Volatile organic compounds such as benzene, toluene, ethylbenzene, and isomers of xylenes (BTEX) constitute a group of monoaromatic compounds that are found in petroleum and have been classified as priority pollutants. In this study, based on its newly sequenced genome, we reclassified the previously identified BTEX-degrading thermotolerant strain Ralstonia sp. PHS1 as Cupriavidus cauae PHS1. Also presented are the complete genome sequence of C. cauae PHS1, its annotation, species delineation, and a comparative analysis of the BTEX-degrading gene cluster.
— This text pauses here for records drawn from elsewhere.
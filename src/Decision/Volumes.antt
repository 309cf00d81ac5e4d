-- ===== src/Decision/Volumes.antt =====
-- How much a decision closes.
use forex_automated_copy_tra.Base.{◌<◌, ◌≤◌, ◌≡◌, Option, List}
use forex_automated_copy_tra.Models.{
  MasterPositionClosed, PositionMappingEntry, SlaveIntent, close_position, alert, close_unmapped,
  close_rounds_to_zero,
}

-- The intent closes the entry's position on the entry's account: some volume, at most
-- what the slave holds, and all of it when nothing remains on the master. Or it is the alert that
-- the volume rounds to zero.
abbrev pub ClosesEntry :
    {F : Type 0} → MasterPositionClosed → PositionMappingEntry → SlaveIntent F → Type 0
ClosesEntry e entry (close_position c) =
    (c.slave_account_id ≡ entry.slave_account_id)
    × (c.position_id ≡ entry.slave_position_id)
    × (0 < c.volume)
    × (c.volume ≤ entry.slave_volume)
    × (e.remaining_volume ≡ 0 → c.volume ≡ entry.slave_volume)
ClosesEntry e entry (alert a) = a.message ≡ close_rounds_to_zero e.position_id
ClosesEntry e entry _ = ⊥

-- An alert that an enabled slave has no copy of the position.
abbrev pub IsUnmapped : {F : Type 0} → MasterPositionClosed → SlaveIntent F → Type 0
IsUnmapped e (alert a) = a.message ≡ close_unmapped e.position_id
IsUnmapped e _ = ⊥
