-- ===== src/OrderIds.antt =====
-- The texts by which a copy is found again: client order ids (copier/src/copier/engine/dispatch.py),
-- what engine/service.py and engine/reconcile.py read out of ids and labels, and the suffix of a
-- netting follower's close (mt5/outbox.py).
pub mod Laws
use forex_automated_copy_tra.Base.{ℕ, Option, none, some, List, [], ◌∷◌, ◌++◌}
use forex_automated_copy_tra.Text.{Text, codes, str, int, strip_prefix, strip_suffix, before_first}
use forex_automated_copy_tra.Sizing.{◌>>=◌}
use forex_automated_copy_tra.Models.{
  SlaveIntent, open_market, close_position, amend_position_sltp, place_pending, amend_pending,
  cancel_pending, link_pending_fill, alert,
}

-- f"cm{master_position_id}.{account_id}"
unfoldable pub position_coid : ℕ → ℕ → Text
position_coid master_position_id account_id =
    codes "cm" ++ (str master_position_id ++ b'.' ∷ str account_id)

-- f"co{master_order_id}.{account_id}"
unfoldable pub order_coid : ℕ → ℕ → Text
order_coid master_order_id account_id = codes "co" ++ (str master_order_id ++ b'.' ∷ str account_id)

unfoldable pub client_order_id_for : {F : Type 0} → SlaveIntent F → Option Text
client_order_id_for (open_market i) = some (position_coid i.master_position_id i.slave_account_id)
client_order_id_for (place_pending i) = some (order_coid i.master_order_id i.slave_account_id)
client_order_id_for _ = none

unfoldable pub master_position_of : Option Text → Option ℕ
master_position_of none = none
master_position_of (some client_order_id) = do
  rest ← strip_prefix (codes "cm") client_order_id
  int (before_first b'.' rest)

-- `_extract_master_id_from_label`
unfoldable pub extract_master_id_from_label : Text → Option ℕ
extract_master_id_from_label label = do rest ← strip_prefix (codes "copy:m") label; int rest

abbrev pub close_suffix : Text
close_suffix = codes ":close"

-- `coid + CLOSE_SUFFIX`
unfoldable pub with_close_suffix : Text → Text
with_close_suffix coid = coid ++ close_suffix

-- `coid[:-len(CLOSE_SUFFIX)]` where `coid.endswith(CLOSE_SUFFIX)`
unfoldable pub strip_close_suffix : Text → Option Text
strip_close_suffix coid = strip_suffix close_suffix coid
Moreover, we cloned and characterized the BTEX-degrading pathway genes in C. cauae PHS1, the BTEX-degrading gene cluster of which consists of two monooxygenases and meta-cleavage genes. A genome-wide investigation of the PHS1 coding sequence and the experimentally confirmed regioselectivity of the toluene monooxygenases and catechol 2,3-dioxygenase allowed us to reconstruct the BTEX degradation pathway. The degradation of BTEX begins with aromatic ring hydroxylation, followed by ring cleavage, and eventually enters the core carbon metabolism. The information provided here on the genome and BTEX-degrading pathway of the thermotolerant strain C. cauae PHS1 could be useful in constructing an efficient production host.

Keywords

Acknowledgement

This work was supported by the National Research Foundation of Korea (NRF) funded by the Ministry of Science, ICT, and Future Planning (MSIT) (2020R1A4A1018332 and 2015M3D3A1A01064919). This research was also supported by the Innovative Science Project of the Circle Foundation in 2020.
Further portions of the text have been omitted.